Search the material for "arith" and copy each line in which it is found.

| THE DATA |
========================================
-- ===== src/Sculld/Orders.antt =====
-- Quanta of several pages behind the first item.
use linux_device_driver.Common.{
  subst, Bool, div-mod-split, mod_lt_of_pos, ℕ, zero, suc, ◌+◌, ◌*◌, ◌/◌, ◌^◌, ◌≡◌, ◌≢◌, ◌≤◌, ◌<◌,
  ◌∙◌, sym, ap, inl, inr, refl, true, false, Option, none, some, List, [], ◌∷◌, arith, length,
  replicate, length-replicate, get_elem?, get_elem?-some, get_elem?-replicate, ltb, lt→ltb, ◌==◌,
}
use linux_device_driver.Kernel.{done, oops, Kernel, Call, Mem, kmalloc, ◌>>=◌}
use linux_device_driver.Kernel.Clash.{true-ne-false}
use linux_device_driver.Scull.Device.{Place, Slots, Qset, Quantum, int_max}
use linux_device_driver.Scull.Device.Locate.{place_of, place_of-IsPlace, locate_lem}
use linux_device_driver.Scull.Device.Follow.{item_of, follow-Followed}
use linux_device_driver.Scull.Transfer.{clip, claim_slots}
use linux_device_driver.Scull.Transfer.View.{item_of-get_elem?}
use linux_device_driver.Chain.{walk}
use linux_device_driver.Chain.Walk.{walk-Walked}
use linux_device_driver.Chain.{Store, copy_in, store, store_item, write_at}
use linux_device_driver.Sculld.{Dev, quantum_of, item_order, get_pages, write}

not_in_first : (pos size : ℕ) → 0 < size → size ≤ pos → pos / size ≢ 0
not_in_first pos size some_bytes behind z =
    omega
      (arith, div-mod-split pos size, mod_lt_of_pos pos size some_bytes, ap (λ (n : ℕ). n * size) z)

behind_first : (array : Qset) (n : ℕ) → n ≢ 0 → item_of (array ∷ []) n ≡ none
behind_first array zero h = absurd (h refl)
behind_first array (suc n) h = refl

module _ (page : ℕ) (k : Kernel) (grants_all : (n : ℕ) → k.grants n ≡ true) (c : Call) (f_pos : ℕ)
    (buf : List ℕ) where
  claimed : (qset : ℕ) (m : Mem) → (claim_slots k qset none m).0 ≡ some (replicate qset none)
  unfolding claim_slots kmalloc
  claimed qset m = rw (grants_all m.requests) refl

  one_page :
      (dev : Dev) (item : ℕ) (m : Mem)
      → item ≢ 0
      → (m' : Mem) × (get_pages page k (item_order dev item) none m
          ≡ done (some (replicate page 0), m'))
  unfolding get_pages kmalloc
  one_page dev item m behind =
      let other : (item == 0) ≡ false = ground (arith, behind) in
      let single : page * 2 ^ 0 ≡ page = omega arith in
      ((kmalloc k m).1, rw (other, grants_all m.requests, single) refl)

  page_overruns :
      (n : ℕ) (p : Place) (s : Store) (m : Mem) (a : Slots)
      → page < p.q_pos + n
      → copy_in k n c f_pos p buf s a m (replicate page 0) ≡ oops
  unfolding copy_in
  page_overruns n p s m a past =
      let short : ltb (length {A = ℕ} (replicate page 0)) (p.q_pos + n) ≡ true =
        lt→ltb _ _ (omega (arith, past, length-replicate {A = ℕ} page 0)) in
      rw short refl

  -- A new item gets an array, and a page that the copy runs past.
  new_item_overruns :
      (n : ℕ) (p : Place) (dev : Dev) (s : Store) (m : Mem)
      → p.item ≢ 0
      → p.s_pos < s.qset
      → page < p.q_pos + n
      → store_item k (get_pages page k (item_order dev p.item)) n c f_pos p buf s m none ≡ oops
  unfolding store_item store
  new_item_overruns n p dev s m behind s_in past =
      let slot : get_elem? (replicate {A = Option Quantum} s.qset none) p.s_pos ≡ some none =
        get_elem?-replicate s.qset p.s_pos none s_in in
      let (m', got) = one_page dev p.item (claim_slots k s.qset none m).1 behind in
      rw (store_item, claimed s.qset m, store, slot, ◌>>=◌, got)
        (page_overruns n p s m' (replicate s.qset none) past)

  -- The item that the walk of an empty device reaches behind the first is new.
  walk_to_new :
      (array : Qset) (n : ℕ) (m : Mem)
      → n ≢ 0
      → (next : List Qset) × (m' : Mem) × (walk k n [] m ≡ done (next, m'))
        × (get_elem? (array ∷ next) n ≡ some none)
  walk_to_new array n m behind = elim (walk-Walked k n array [] m) [
    | inr (undefined, (i, refused)) ↦ absurd (true-ne-false (sym (grants_all i) ∙ refused))
    | inl (next, m', e, f) ↦
        let fresh : item_of (array ∷ []) n ≡ none = behind_first array n behind in
        let v = follow-Followed k 0 0 n (array ∷ []) m in
        let (q, there) = get_elem?-some (array ∷ next) n (
          subst (λ (r : Bool × List Qset × Mem). n < length r.1) f
            (v.reached (ap (λ (r : Bool × List Qset × Mem). r.0) f))) in
        (
          next,
          m',
          e,
          there
              ∙ ap some (
                  sym (item_of-get_elem? (array ∷ next) n there)
                  ∙ ap (λ r. item_of r.1 n) (sym f)
                  ∙ v.same n
                  ∙ fresh),
        )
  ]

  -- A write behind the first item of an empty device, with quanta of several pages, runs past the
  -- single page that it gets, wherever it goes past the first page of its quantum.
  pub order_overruns :
      (dev : Dev) (m : Mem)
      → let size = quantum_of page dev * dev.store.qset in
        let p = place_of (quantum_of page dev) dev.store.qset f_pos in
        c.interrupted ≡ false
        → dev.store.next ≡ []
        → 0 < size
        → size ≤ int_max
        → size ≤ f_pos
        → f_pos / size ≤ int_max
        → page < p.q_pos + clip (quantum_of page dev) p.q_pos (length buf)
        → write page k c dev m f_pos buf ≡ oops
  unfolding write write_at
  order_overruns dev m go empty some_bytes int_sized behind fits past =
      let p = place_of (quantum_of page dev) dev.store.qset f_pos in
      let v = place_of-IsPlace (quantum_of page dev) dev.store.qset some_bytes f_pos in
      let not_first : p.item ≢ 0 =
        not_in_first f_pos (quantum_of page dev * dev.store.qset) some_bytes behind in
      let (next, m', e, there) = walk_to_new dev.store.array p.item m not_first in
      simp (go, empty)
        (rw
          (
            locate_lem (quantum_of page dev) dev.store.qset some_bytes f_pos int_sized fits,
            e,
            there,
          )
          (new_item_overruns (clip (quantum_of page dev) p.q_pos (length buf)) p dev
            (record dev.store { next = next }) m' not_first v.s_in past))
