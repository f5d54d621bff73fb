-- ===== src/Sculld/Transfers.antt =====
-- `sculld_read` and `sculld_write` as the transfers of scull/main.c, and what they promise thereby.
use linux_device_driver.Common.{
  ℕ, ◌+◌, ◌*◌, ◌/◌, ◌^◌, ◌≡◌, ◌≤◌, ◌<◌, ◌⊎◌, inl, inr, refl, ap, arith, false, List, length, take,
  Bool-cases, div_lt_of_lt_mul, Option, none, some,
}
use linux_device_driver.Kernel.{ok, done, oops, Kernel, Call, Mem, Holds, kmalloc}
use linux_device_driver.Kernel.Ledger.{Refused}
use linux_device_driver.Kernel.Clash.{Outcome-cases}
use linux_device_driver.Scull.Device.{Place, Quantum, int_max, locate, IsValid}
use linux_device_driver.Scull.Device.Locate.{located}
use linux_device_driver.Scull.Transfer.{readable, clip, claim_quantum}
use linux_device_driver.Chain.{Reply, read_at, write_at}
use linux_device_driver.Chain.AsScull.{
  zeroing, as_scull, run_as_scull, asked-readable, read_at-as_scull, write_at-as_scull,
}
use linux_device_driver.Chain.Transfers.{Kept, run-Kept, run_part, run_read_back}
use linux_device_driver.Sculld.{Dev, item_order, quantum_of, read, get_pages, write}

module _ (page : ℕ) where
  -- The quanta are single pages, or the position lies in the first item.
  abbrev pub Ordered : Dev → ℕ → Type 0
  Ordered dev f_pos = (dev.order ≡ 0) ⊎ (f_pos < quantum_of page dev * dev.store.qset)

  -- The item of a position has the device's order: all do, or the position lies in the first.
  item_order-located :
      (dev : Dev) (f_pos : ℕ)
      → Ordered dev f_pos
      → (p : Place) → locate (quantum_of page dev) dev.store.qset f_pos ≡ done p
      → item_order dev p.item ≡ dev.order
  item_order-located dev f_pos (inl single) p e = ground (arith, single)
  item_order-located dev f_pos (inr first) p e =
      let size = quantum_of page dev * dev.store.qset in
      let none_before : f_pos / size < 1 = div_lt_of_lt_mul f_pos size 1 (omega (arith, first)) in
      let found = located (quantum_of page dev) dev.store.qset f_pos p e in
      let item_zero : p.item ≡ 0 = omega (arith, none_before, ap (λ (r : Place). r.item) found.0) in
      rw item_zero refl

  get_pages-claim :
      (k : Kernel) (order : ℕ) (slot : Option Quantum) (m : Mem)
      → get_pages page k order slot m ≡ done (claim_quantum (zeroing k) (page * 2 ^ order) slot m)
  unfolding get_pages claim_quantum kmalloc
  get_pages-claim k order none m = refl
  get_pages-claim k order (some b) m = refl

  -- A read of a sculld device returns, delivers and leaves what `scull_read` does on the device
  -- seen as a scull device; but where a request for memory is refused it may be undefined.
  pub sculld_read-as_scull :
      (k : Kernel) (c : Call) (dev : Dev) (m : Mem) (f_pos count : ℕ)
      → f_pos < 2 ^ 64
      → count < 2 ^ 64
      → let quantum = quantum_of page dev in
        (run_as_scull quantum (read page k c dev m f_pos count)
          ≡ linux_device_driver.Scull.Transfer.read
              (zeroing k)
              c
              (as_scull quantum dev.store)
              m
              f_pos
              count)
        ⊎ ((read page k c dev m f_pos count ≡ oops) × Refused k)
  unfolding read linux_device_driver.Scull.Transfer.read
  sculld_read-as_scull k c dev m f_pos count hf hc =
      let quantum = quantum_of page dev in
      elim (Bool-cases c.interrupted) [
        | inl stop ↦ inl (simp stop refl)
        | inr go ↦ elim (Outcome-cases (locate quantum dev.store.qset f_pos)) [
          | inl lost ↦ inl (simp go (rw lost refl))
          | inr (p, found) ↦
              let here : read page k c dev m f_pos count
                  ≡ read_at k quantum c dev.store m f_pos p (readable dev.store.size f_pos count) =
                simp go (rw (found, asked-readable dev.store.size f_pos count hf hc) refl) in
              rw here (read_at-as_scull quantum k c dev.store m f_pos count p go found)
        ]
      ]

  -- A write to a sculld device whose quanta are single pages, or to its first item, returns and
  -- leaves what `scull_write` does on the device seen as a scull device, with new quanta cleared;
  -- but where a request for memory is refused it may be undefined.
  pub sculld_write-as_scull :
      (k : Kernel) (c : Call) (dev : Dev) (m : Mem) (f_pos : ℕ) (buf : List ℕ)
      → Ordered dev f_pos
      → let quantum = quantum_of page dev in
        (run_as_scull quantum (write page k c dev m f_pos buf)
          ≡ linux_device_driver.Scull.Transfer.write
              (zeroing k)
              c
              (as_scull quantum dev.store)
              m
              f_pos
              buf)
        ⊎ ((write page k c dev m f_pos buf ≡ oops) × Refused k)
  unfolding write linux_device_driver.Scull.Transfer.write
  sculld_write-as_scull k c dev m f_pos buf ordered =
      let quantum = quantum_of page dev in
      elim (Bool-cases c.interrupted) [
        | inl stop ↦ inl (simp stop refl)
        | inr go ↦ elim (Outcome-cases (locate quantum dev.store.qset f_pos)) [
          | inl lost ↦ inl (simp go (rw lost refl))
          | inr (p, found) ↦
              let n = clip quantum p.q_pos (length buf) in
              let pages = get_pages page k (item_order dev p.item) in
              let here : write page k c dev m f_pos buf
                  ≡ write_at k pages n c dev.store m f_pos p buf =
                simp go (rw found refl) in
              let allocates : (slot : Option Quantum) (m' : Mem)
                  → pages slot m' ≡ done (claim_quantum (zeroing k) quantum slot m') =
                λ slot m'.
                  rw (item_order-located dev f_pos ordered p found)
                    (get_pages-claim k dev.order slot m') in
              rw here (
                write_at-as_scull quantum k pages n c buf f_pos p allocates refl dev.store m go
                  found)
        ]
      ]

  -- A write to a valid device whose quanta are single pages, or to its first item, keeps the device
  -- valid and its blocks accounted for; it is undefined only where a request for memory is refused.
  pub write_safe :
      (k : Kernel) (c : Call) (dev : Dev) (m : Mem) (f_pos : ℕ) (buf : List ℕ)
      → let quantum = quantum_of page dev in
        IsValid (as_scull quantum dev.store)
        → Ordered dev f_pos
        → f_pos / (quantum * dev.store.qset) ≤ int_max
        → Holds (Kept quantum dev.store m) (write page k c dev m f_pos buf)
          ⊎ ((write page k c dev m f_pos buf ≡ oops) × Refused k)
  write_safe k c dev m f_pos buf valid ordered fits =
      elim (sculld_write-as_scull k c dev m f_pos buf ordered) [
        | inr refused ↦ inr refused
        | inl same ↦ inl (
            run-Kept (quantum_of page dev) (zeroing k) c dev.store m f_pos buf
              (write page k c dev m f_pos buf) valid fits same)
      ]

  -- What a successful write of single pages, or to the first item, stored, a read of as many bytes
  -- at the same position returns, if no signal and no fault of the user's memory stops it, and
  -- unless a request for memory is refused.
  pub read_after_write :
      (k : Kernel) (c c' : Call) (dev : Dev) (m : Mem) (f_pos : ℕ) (buf : List ℕ) (r : Reply)
      (n : ℕ)
      → let quantum = quantum_of page dev in
        IsValid (as_scull quantum dev.store)
        → Ordered dev f_pos
        → f_pos / (quantum * dev.store.qset) ≤ int_max
        → dev.store.size < 2 ^ 64
        → f_pos + length buf < 2 ^ 64
        → write page k c dev m f_pos buf ≡ done r
        → r.ret ≡ ok n
        → c'.interrupted ≡ false
        → c'.left ≡ 0
        → Holds
            (λ t. (t.ret ≡ ok n) × (t.out ≡ take n buf))
            (read page k c' (record dev { store = r.store }) r.mem f_pos n)
          ⊎ Refused k
  read_after_write k c c' dev m f_pos buf r n valid ordered fits small near written success calm
        whole =
      let quantum = quantum_of page dev in
      let run = write page k c dev m f_pos buf in
      elim (sculld_write-as_scull k c dev m f_pos buf ordered) [
        | inr (undefined, refused) ↦ inr refused
        | inl same ↦
            let part =
              run_part quantum (zeroing k) c dev.store m f_pos buf run valid fits same r n written
                success in
            elim (sculld_read-as_scull k c' (record dev { store = r.store }) r.mem f_pos n
              (omega (arith, near)) (omega (arith, near, part))) [
                | inr (undefined, refused) ↦ inr refused
                | inl same' ↦ inl (
                    run_read_back quantum (zeroing k) c dev.store m f_pos buf run valid fits same r
                      n written success c'
                      (read page k c' (record dev { store = r.store }) r.mem f_pos n) small near
                      calm whole same')
              ]
      ]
========================================
| EXERCISE OUTPUT |
  ◌∙◌, sym, ap, inl, inr, refl, true, false, Option, none, some, List, [], ◌∷◌, arith, length,
      (arith, div-mod-split pos size, mod_lt_of_pos pos size some_bytes, ap (λ (n : ℕ). n * size) z)
      let other : (item == 0) ≡ false = ground (arith, behind) in
      let single : page * 2 ^ 0 ≡ page = omega arith in
        lt→ltb _ _ (omega (arith, past, length-replicate {A = ℕ} page 0)) in
  ℕ, ◌+◌, ◌*◌, ◌/◌, ◌^◌, ◌≡◌, ◌≤◌, ◌<◌, ◌⊎◌, inl, inr, refl, ap, arith, false, List, length, take,
  item_order-located dev f_pos (inl single) p e = ground (arith, single)
      let none_before : f_pos / size < 1 = div_lt_of_lt_mul f_pos size 1 (omega (arith, first)) in
      let item_zero : p.item ≡ 0 = omega (arith, none_before, ap (λ (r : Place). r.item) found.0) in
              (omega (arith, near)) (omega (arith, near, part))) [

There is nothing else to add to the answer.